Any potential GFDY responses will be entangled with other trends in climate change, and complex physiological and ecological tradeoffs from the scale of the cell to the community. This complicates distinguishing the signal from noise. Marquès et al. (2023), recognizing that multiple mechanisms contribute to stand-level growth, conceived an elegant way of testing hypotheses about the eCO₂ effect, acknowledging contingencies of stand dynamics, and identifying key sensitivities that determine stand responses to eCO₂. They use forest inventory data and simulations to demonstrate potential and observed changes in the stand thinning line (STL, Marques et al., 2023 Figure 1a). STL is a line fit to the upper boundary of the relationship between stand-level biomass and stem number--a relationship that, within a stand, describes the distribution of biomass distributed across stems (Figure 1a).

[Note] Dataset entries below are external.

-- ===== src/Flowfile/Identity/Tally.antt =====
-- The nodes of a document that are left without a plugin, against what is told of them.
use morph_api.Prelude.{
  ℕ, ◌+◌, suc, String, ◌≡◌, refl, Bool, true, false, not, ◌&&◌, Option, none, some, List, [], ◌∷◌,
  ◌++◌, ◌==◌, if◌then◌else◌, arith, eq_iff, if-split, ◌∙◌, length, length-append,
}
use morph_api.Prelude.Sort.{sum}
use morph_api.Json.{Value, str, obj, Fields, lookup, insert, erase}
use morph_api.Json.Laws.{lookup-insert_ne, lookup-erase_ne}
use morph_api.Patch.{PatchNode}
use morph_api.Patch.Values.{get}
use morph_api.Flowfile.{PluginManifestEntry, MissingAction, ExtensionRecord}
use morph_api.Flowfile.Identity.{
  Resolution, bound, missing, held_back, cleared, bind, missing_marker, add_missing, Stamped,
  keep_node, unbound_node, resolved, action_of, is_manual, resolution_of, stamp_plugin,
  builtin_data, label_of, stamp_node, stamp_nodes, stamp_identities,
}
use morph_api.Flowfile.Rows.{manifest_for, by_type}
use morph_api.Flowfile.Identity.Told.{AllTold, stamp_nodes-Told}
use morph_api.Flowfile.Identity.Bindings.{bind-BoundTo, cleared-Unbound}

-- the callers of the missing actions
unfoldable pub callers : List MissingAction → ℕ
callers ms = sum (λ (m : MissingAction). length m.nodes) ms

abbrev pub is_absent : Option Value → Bool
is_absent none = true
is_absent (some v) = false

-- a plugin node that names an action and holds no plugin
abbrev pub is_open : PatchNode → Bool
is_open n =
    n.kind == "plugin" && not (action_of n.payload == "") && is_absent (lookup "pluginId" n.payload)

unfoldable pub open_nodes : List PatchNode → ℕ
open_nodes [] = 0
open_nodes (n ∷ ns) = (if is_open n then 1 else 0) + open_nodes ns

open_nodes-append :
    (ns : List PatchNode) (n : PatchNode)
    → open_nodes (ns ++ n ∷ []) ≡ open_nodes ns + (if is_open n then 1 else 0)
unfolding open_nodes
open_nodes-append [] n = omega arith
open_nodes-append (m ∷ ns) n = omega (arith, open_nodes-append ns n)

callers-add :
    (entry : PluginManifestEntry) (action label : String) (ms : List MissingAction)
    → callers (add_missing entry action label ms) ≡ suc (callers ms)
unfolding callers add_missing
callers-add entry action label [] = omega arith
callers-add entry action label (m ∷ ms) =
    if-split (λ (xs : List MissingAction). callers xs ≡ suc (callers (m ∷ ms))) (m.action == action)
      _ _ (λ e. omega (arith, length-append m.nodes (label ∷ [])))
      (λ e. omega (arith, callers-add entry action label ms))

-- The action that a node names is untouched by what is done to another key.
action_of-cong :
    (m held : Fields) → lookup "action" m ≡ lookup "action" held → action_of m ≡ action_of held
unfolding get
action_of-cong m held h = rw (h, get) refl

cleared_action : (held : Fields) → lookup "action" (cleared held) ≡ lookup "action" held
unfolding cleared
cleared_action held =
    lookup-erase_ne "missingPlugin" "action" _ refl
    ∙ lookup-erase_ne "outbound" "action" _ refl
    ∙ lookup-erase_ne "form" "action" _ refl
    ∙ lookup-erase_ne "pluginId" "action" _ refl
    ∙ lookup-erase_ne "extensionId" "action" held refl

abbrev pub Tally : Stamped → Type 0
Tally s = open_nodes s.nodes ≡ callers s.missing + length s.unbound

-- A plugin node whose action is kept, and that holds no plugin.
left_open :
    (n : PatchNode) (m : Fields)
    → n.kind ≡ "plugin"
    → (action_of n.payload == "") ≡ false
    → lookup "action" m ≡ lookup "action" n.payload
    → lookup "pluginId" m ≡ none
    → is_open (record n { payload = m }) ≡ true
left_open n m k ne a p = rw (k, action_of-cong m n.payload a, ne, p) refl

kept-Tally :
    (s : Stamped) (n : PatchNode) (held : Fields)
    → is_open (record n { payload = held }) ≡ false
    → Tally s
    → Tally (keep_node n held s)
kept-Tally s n held shut h = ground (arith, open_nodes-append s.nodes (record n { payload = held }))

module _ (exts builtins : List ExtensionRecord) (manifest : List PluginManifestEntry) where
  resolved-Tally :
      (i : ℕ) (n : PatchNode) (action : String) (manual : Bool) (s : Stamped) (res : Resolution)
      → n.kind ≡ "plugin"
      → (action_of n.payload == "") ≡ false
      → Tally s
      → Tally (resolved exts builtins manifest i n action manual (cleared n.payload) s res)
  resolved-Tally i n action manual s (bound r) k ne h =
      let there = (bind-BoundTo n.title r (cleared n.payload)).1 in
      kept-Tally s n (bind n.title r (cleared n.payload)) (rw (there) (ground arith)) h
  resolved-Tally i n action manual s missing k ne h =
      let entry = manifest_for manifest action in
      let m =
        insert "missingPlugin" (obj (missing_marker entry))
          (erase "bindPlugin" (cleared n.payload)) in
      let stays : is_open (record n { payload = m }) ≡ true =
        left_open n m k ne
          (lookup-insert_ne "missingPlugin" "action" _ _ refl
            ∙ lookup-erase_ne "bindPlugin" "action" _ refl
            ∙ cleared_action n.payload)
          (lookup-insert_ne "missingPlugin" "pluginId" _ _ refl
            ∙ lookup-erase_ne "bindPlugin" "pluginId" _ refl
            ∙ (cleared-Unbound n.payload).1) in
      ground (
        arith,
        open_nodes-append s.nodes (record n { payload = m }),
        callers-add entry action (label_of i n) s.missing,
      )
  resolved-Tally i n action manual s (held_back cands) k ne h =
      let m = insert "bindPlugin" (str "manual") (cleared n.payload) in
      let stays : is_open (record n { payload = m }) ≡ true =
        left_open n m k ne
          (lookup-insert_ne "bindPlugin" "action" _ _ refl ∙ cleared_action n.payload)
          (lookup-insert_ne "bindPlugin" "pluginId" _ _ refl ∙ (cleared-Unbound n.payload).1) in
      ground (
        arith,
        open_nodes-append s.nodes (record n { payload = m }),
        length-append s.unbound (unbound_node exts builtins manifest i n action manual cands ∷ []),
      )

  stamp_node-Tally :
      (i : ℕ) (n : PatchNode) (s : Stamped)
      → Tally s
      → Tally (stamp_node exts builtins manifest i n s)
  unfolding stamp_node stamp_plugin
  stamp_node-Tally i n s h =
      if-split Tally (n.kind == "plugin") _ _
        (λ is.
          if-split Tally (action_of n.payload == "") _ _
            (λ e.
              kept-Tally s n (cleared n.payload)
                (rw (action_of-cong (cleared n.payload) n.payload (cleared_action n.payload), e)
                  (ground arith))
                h)
            (λ e.
              resolved-Tally i n (action_of n.payload) (is_manual n.payload) s
                (resolution_of exts n.payload) (ground (arith, eq_iff n.kind "plugin")) e h))
        (λ isnt. kept-Tally s n (builtin_data (by_type n.kind builtins) n.payload) (ground arith) h)

  stamp_nodes-Tally :
      (i : ℕ) (ns : List PatchNode) (s : Stamped)
      → Tally s
      → Tally (stamp_nodes exts builtins manifest i ns s)
  unfolding stamp_nodes
  stamp_nodes-Tally i [] s h = h
  stamp_nodes-Tally i (n ∷ ns) s h =
      stamp_nodes-Tally (suc i) ns (stamp_node exts builtins manifest i n s)
        (stamp_node-Tally i n s h)

  -- Every plugin node that names an action is bound to a row, or is told of under its label: among the
  -- callers of its action when that is missing, or with its action among the nodes to bind when the pick
  -- is open. The label is the node's name or else its title, trimmed, or else its number. And each node
  -- that is left without a plugin is told of once: there are as many of them as callers and nodes to
  -- bind together.
  pub stamp_identities-tally :
      (ns : List PatchNode)
      → let s = stamp_identities exts builtins manifest ns in
        AllTold exts 0 ns s.missing s.unbound
        × (open_nodes s.nodes ≡ callers s.missing + length s.unbound)
  unfolding stamp_identities open_nodes callers
  stamp_identities-tally ns =
      let none_yet : Stamped = record { nodes = []; missing = []; unbound = [] } in
      (stamp_nodes-Told exts builtins manifest 0 ns none_yet, stamp_nodes-Tally 0 ns none_yet refl)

A strength of using the STL to identify GFDY effects is that it emerges from a simple bivariate distribution easily acquired from inventory data that captures whole-forest dynamics. Essentially, an increase in the intercept of the STL indicates an increase in carbon carrying capacity in the stand across size-classes (i.e., if the STL shifts up, all stems are larger). By applying this analysis only to data from mature, undisturbed forests of similar composition over time, Marquès et al. were able to account for many of the confounding factors in GFDY analyses. A similar pattern was also found in McMahon et al., 2010 (Figure 1b). Both observational data analyses and simulations demonstrated that eCO₂ may not be completely offset by earlier mortality and that some forests have been gaining biomass even as mortality has increased due to the GFDY. They qualify some early work that found a complete offset of fertilization response (Brienen et al., 2020; Bugmann & Bigler, 2010), and support model analyses that also found incomplete offset (Needham et al., 2020). More importantly, the Marquès et al. finding advances the discussion as it indicates that the critical determinant of the strength of the GFDY (or its existence at all), and therefore the extent to which eCO₂ might lead to a change in the carbon sink, is through the shape of the curve relating size to mortality (Figure 1a). This advances the eCO₂ discussion from the physiology of growth to the relative importance of mechanisms of size-based senescence.

Research into the GFDY impacts on the carbon cycle requires we better understand the mechanisms of tree senescence, essentially asking: how do mature individuals die as a function of size? Three categories of mortality processes may help organize efforts to answer this question: (a) large size can leave an individual more vulnerable to exogenous mortality agents, such as wind damage or hydraulic failure, or the high ratio of maintenance costs to crown area (McDowell et al., 2018); (b) an interaction between genetic programs and exogenous factors may accelerate death at maturity through the reallocation of resources that maintain vigor to reproductive organs at the expense of maintenance (Thomas, 2013); and (c) an extension of 2, where genetic programs triggered at a size threshold lead to internal shifts in function that lead to death, such as is observed in monocarpic trees that die when flowering (Batalova & Krutovsky, 2023; Read et al., 2021; Thomas, 2013). We know these categories to be non-mutually exclusive and the processes to be complex.

How we better identify the ways in which these mechanisms shape the mortality curves of species globally requires continued collections of inventory data, experiments, and simulations. In order to properly scale observations, the use of remote sensing technologies such as lidar and hyperspectral imaging might improve observations of canopy stress and structural damage (a) from flowering patterns and canopy function (b). Gene expression data and better annotated genomes, especially of important tropical species which are poorly represented in gene databases, would also better identify internal mechanisms of stress response and senescence pathways (1, 2, and 3). The exploration of tree senescence marks not only a fascinating area of interdisciplinary research in understanding eCO₂ and climate change influences on tree performance, but also one critical to our better understanding and predicting the future of the Earth System.

The authors declare no conflicts of interest relevant to this study.